Your goal — Determine how many lines in the records below contain "Type", then state that number alone.
====
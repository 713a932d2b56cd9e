-- ===== src/StepEngine/Bounds.antt =====
-- packages/workflow/src/engine.ts: `context.concurrency` bounds the steps that run at once.
use ai_orchestration.Prelude.{
  ℕ, zero, suc, ◌+◌, ◌-◌, ◌≤◌, String, ◌≡◌, refl, Option, none, some, List, [], ◌∷◌, length,
  length-append, filter, sym, subst, Option-cases, inl, inr, Thrown, ok, throw, arith,
}
use ai_orchestration.Prelude.Names.{add, remove}
use ai_orchestration.Value.{Value}
use ai_orchestration.Workflow.{WorkflowStep}
use ai_orchestration.StepEngine.State.{
  Execution, Progress, initial, concurrency_limit, deps_settled, eligible, ineligible, Verdict,
  EngineError, is_eligible,
}
use ai_orchestration.StepEngine.Pass.{
  Launched, go, stop, launch_as, launch, launch_all, abandon, to_launch, within, take,
}
use ai_orchestration.StepEngine.Machine.{complete, EngineState, Reachable}
use ai_orchestration.StepEngine.Launching.{launched}
use ai_orchestration.StepEngine.Kept.{Kept, Reachable-kept}

pub length-add : (a : String) (xs : List String) → length (add a xs) ≤ suc (length xs)
unfolding add
length-add a xs = ground (arith, length-append xs (a ∷ []))

pub length-remove : (a : String) (xs : List String) → length (remove a xs) ≤ length xs
unfolding remove
length-remove a [] = ground arith
length-remove a (x ∷ xs) = ground (arith, length-remove a xs)

length-take : {A : Type 0} (n : ℕ) (xs : List A) → length (take n xs) ≤ n
length-take zero xs = omega arith
length-take (suc n) [] = omega arith
length-take (suc n) (x ∷ xs) = omega (arith, length-take n xs)

-- A launch adds one task at most.
launch_as-in_flight :
    (s : WorkflowStep) (p : Progress) (v : Thrown EngineError Verdict)
    → length (launched (launch_as s p v)).in_flight ≤ suc (length p.in_flight)
unfolding launch_as
launch_as-in_flight s p (throw e) = omega arith
launch_as-in_flight s p (ok eligible) = length-add s.id p.in_flight
launch_as-in_flight s p (ok (ineligible reason t)) = omega arith

module _ (x : Execution) where
  launch_all-in_flight :
      (ss : List WorkflowStep) (p : Progress)
      → length (launched (launch_all x ss p)).in_flight ≤ length p.in_flight + length ss
  unfolding launch_all launch
  launch_all-in_flight [] p = omega arith
  launch_all-in_flight (s ∷ ss) p =
      onwards (launch_as s p (is_eligible x p s)) (launch_as-in_flight s p (is_eligible x p s))
        (λ q. launch_all-in_flight ss q)
    where
      onwards :
          (l : Launched)
          → length (launched l).in_flight ≤ suc (length p.in_flight)
          → ((q : Progress)
              → length (launched (launch_all x ss q)).in_flight ≤ length q.in_flight + length ss)
          → length (launched (elim l [ go q ↦ launch_all x ss q | stop q e ↦ stop q e ])).in_flight
            ≤ length p.in_flight + suc (length ss)
      onwards (go q) h k = omega (arith, h, k q)
      onwards (stop q e) h k = omega (arith, h)

pub in_flight-abandon :
    (ss : List WorkflowStep) (p : Progress) → (abandon ss p).in_flight ≡ p.in_flight
unfolding abandon
in_flight-abandon [] p = refl
in_flight-abandon (s ∷ ss) p = in_flight-abandon ss _

-- No more tasks are in flight than the limit, where there is one.
abbrev pub IsWithin : Option ℕ → ℕ → Type 0
IsWithin none n = Unit
IsWithin (some limit) n = n ≤ limit

module _ (json : Value → String) (x : Execution) where
  abbrev IsBounded : Progress → Type 0
  IsBounded p = IsWithin (concurrency_limit x) (length p.in_flight)

  to_launch-length :
      (p : Progress) (limit : ℕ)
      → concurrency_limit x ≡ some limit
      → length (to_launch x p) ≤ limit - length p.in_flight
  unfolding to_launch
  to_launch-length p limit e =
      rw (e, within)
        (length-take (limit - length p.in_flight) (filter (deps_settled p.results) p.pending))

  pass-IsBounded :
      (p : Progress) → IsBounded p → IsBounded (launched (launch_all x (to_launch x p) p))
  pass-IsBounded p h = elim (Option-cases (concurrency_limit x)) [
    | inl e ↦ rw e tt
    | inr (limit, e) ↦ rw e (
        omega (
          arith,
          unfolded limit e,
          to_launch-length p limit e,
          launch_all-in_flight x (to_launch x p) p,
        ))
  ]
    where
      unfolded : (limit : ℕ) → concurrency_limit x ≡ some limit → length p.in_flight ≤ limit
      unfolded limit e = rw e at h

  IsBounded-kept : Kept json x IsBounded
  unfolding complete
  IsBounded-kept = record {
    by_pass = pass-IsBounded;
    by_abandon = λ p h.
        subst (λ (xs : List String). IsWithin (concurrency_limit x) (length xs))
          (sym (in_flight-abandon p.pending p)) h;
    by_complete = λ task attempts started finished r p m ran h. h;
    by_rejection = λ id p h. h;
    by_retire = λ id p h. shorter (concurrency_limit x) (length-remove id p.in_flight) h;
  }
    where
      shorter : {m n : ℕ} (limit : Option ℕ) → m ≤ n → IsWithin limit n → IsWithin limit m
      shorter none le h = tt
      shorter (some limit) le h = omega (arith, le, h)

  initial-IsBounded : IsBounded (initial x)
  unfolding initial
  initial-IsBounded = none_yet (concurrency_limit x)
    where
      none_yet : (limit : Option ℕ) → IsWithin limit 0
      none_yet none = tt
      none_yet (some limit) = omega arith

  -- Where the context sets a concurrency above zero, the tasks in flight are never more than it.
  pub Reachable-IsWithin :
      (st : EngineState)
      → Reachable json x st
      → IsWithin (concurrency_limit x) (length st.progress.in_flight)
  Reachable-IsWithin = Reachable-kept x IsBounded-kept initial-IsBounded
====
Result of this task — 3